I have spent the last year working on the island and becoming immersed in participant observation of the women of my generation while also closely following the tireless work and efforts by women’s NGO groups organising to educate their various communities on the importance of women in peace-building and their role in the peace-talks. Cyprus is a country that in so many respects rests on the morals of a Western democratic civil society and yet women’s rights have been glossed over by the frozen conflict and now the current economic crisis. My research has revealed the widespread prevalence of sexism, discrimination and the denial of women’s rights on the island.

At an event on Women’s Peace: Applying UNSCR 1325 to Cyprus and the Region back in March, I listened to the diverse contributions of scholars in the region who shared their concerns in raising awareness of women’s rights. Cypriot scholars have asserted the need for implementing the UN Resolution and the gaps that have challenged the process. There are two ongoing narratives that require a solution. The first is the ethnic balance between the two main communities and the second is the issue of gender and not seeing equality as an overriding principle.

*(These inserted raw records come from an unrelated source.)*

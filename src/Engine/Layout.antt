-- ===== src/Engine/Layout.antt =====
-- web/src/player/engine/ring-layout.ts: the byte layout of the shared memory. Channel counts and ring
-- sizes are natural numbers; the source also refuses numbers that are no integers.
pub mod Regions
mod Examples
use rehearse_kit.Common.{
  ℕ, Bool, List, [], ◌∷◌, ◌+◌, ◌-◌, ◌*◌, ◌==◌, ◌&&◌, ◌||◌, not, ltb, length, if◌then◌else◌, Result,
  ok, err, suc, zero,
}
use Prim.Native.Nat.{bit_and}

abbrev pub ctrl_bytes : ℕ
ctrl_bytes = 16 * 4

abbrev pub max_stems : ℕ
max_stems = 16 - 8

abbrev pub max_channels : ℕ
max_channels = 2

abbrev pub meter_bytes : ℕ
meter_bytes = max_stems * 3 * 4

pub record StemLayout : Type 0 where
  pub channels : ℕ
  pub channel_byte_offsets : List ℕ

pub record RingLayout : Type 0 where
  pub ring_frames : ℕ
  pub mask : ℕ
  pub ctrl_byte_offset : ℕ
  pub meter_byte_offset : ℕ
  pub stems : List StemLayout
  pub total_bytes : ℕ

pub data LayoutError : Type 0 where
  frames_not_power stem_count channel_count : LayoutError

unfoldable pub is_power_of_two : ℕ → Bool
is_power_of_two n = ltb 0 n && (bit_and n (n - 1) == 0)

-- The inner loop, with the offset that it leaves.
unfoldable pub channel_offsets : ℕ → ℕ → ℕ → List ℕ × ℕ
channel_offsets frames offset zero = ([], offset)
channel_offsets frames offset (suc count) =
    let rest = channel_offsets frames (offset + frames * 4) count in (offset ∷ rest.0, rest.1)

-- The stems in front of those that are laid out.
abbrev pub with_stem :
    ℕ → List ℕ → Result LayoutError (List StemLayout × ℕ) → Result LayoutError (List StemLayout × ℕ)
with_stem channels offsets (err e) = err e
with_stem channels offsets (ok (stems, offset)) =
    ok (record { channels = channels; channel_byte_offsets = offsets } ∷ stems, offset)

-- The map over the stems, with the offset behind the last.
unfoldable pub lay_out : ℕ → ℕ → List ℕ → Result LayoutError (List StemLayout × ℕ)
lay_out frames offset [] = ok ([], offset)
lay_out frames offset (channels ∷ rest) =
    let here = channel_offsets frames offset channels in
    let behind = lay_out frames here.1 rest in
    if ltb channels 1 || ltb max_channels channels
    then err channel_count
    else with_stem channels here.0 behind

abbrev pub finish : ℕ → Result LayoutError (List StemLayout × ℕ) → Result LayoutError RingLayout
finish frames (err e) = err e
finish frames (ok (stems, offset)) = ok (record {
  ring_frames = frames;
  mask = frames - 1;
  ctrl_byte_offset = 0;
  meter_byte_offset = ctrl_bytes;
  stems = stems;
  total_bytes = offset;
})

unfoldable pub create_ring_layout : List ℕ → ℕ → Result LayoutError RingLayout
create_ring_layout stem_channels frames =
    if not (is_power_of_two frames)
    then err frames_not_power
    else (if (length stem_channels == 0) || ltb max_stems (length stem_channels)
        then err stem_count
        else finish frames (lay_out frames (ctrl_bytes + meter_bytes) stem_channels))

It is important to note that the Special Representative of the Secretary-General and Head of Mission of UN Peacekeeping Force in Cyprus (UNFICYP), Lisa Buttenheim supports the expert group of UN SCR 1325 known as the Gender Advisory Team made of Cypriot women and has engaged in the need to address gender issues and how we (women of Cyprus, the government, and the UN) can better integrate gender into the ongoing peace process on the island.

Unfortunately, there has been little to no participation by the government. How can peace be sustained without women 

 helping to craft it in the first place? It is here where I stumbled onto the harsh reality of an ethno-nationalist culture that is maintained through militarism and has dismissed the realities that affect both men and women on the island.

The distribution of power across the ethnic divide prioritises men, both Greek Cypriot and Turkish Cypriot respectively. The nation is constructed based on ethnicity, and “the purity of blood” has become part of the political DNA and its narrative passed on from generation to generation. As such, issues of gender and women’s rights are rejected by the nation-state that has run smoothly due to meeting the needs of the status quo.

It is necessary that amidst this stark evidence we do not lose sight of the human rights violations that women experience in frozen conflict conditions and how such violations continue to be recognised as unfortunate circumstances of the conflict itself. An effort must be made to advance gender equality practice across the whole island by incorporating women’s perspectives and voices in peace negotiations that goes beyond the European Union, United Nations and the major ethnic groups.

We have a responsibility to address the absence of incentives and accountability mechanisms that would facilitate the identification and appointment of qualified women candidates as mediators and technical experts to mediation teams along with adequate training and education in gender issues across the range of subjects addressed in peace negotiation.

At the local and community levels, we need better and more creative outreach strategies to highlight instances where women have played roles as leaders, entrepreneurs and role-models. We need to move this beyond the academic realm to illustrate the roles women have played to bring peace to their community and the nation.

UN SCR 1325 provides a key opportunity to give a voice to the voiceless. The resolution is the beginning of what we can do in letting women in conflict and post conflict situations know that their suffering will not be allowed to happen again; that we will educate ourselves and others, and let them know that they are not alone.

 

Sophia Papastavrou is a PhD candidate at the University of Toronto.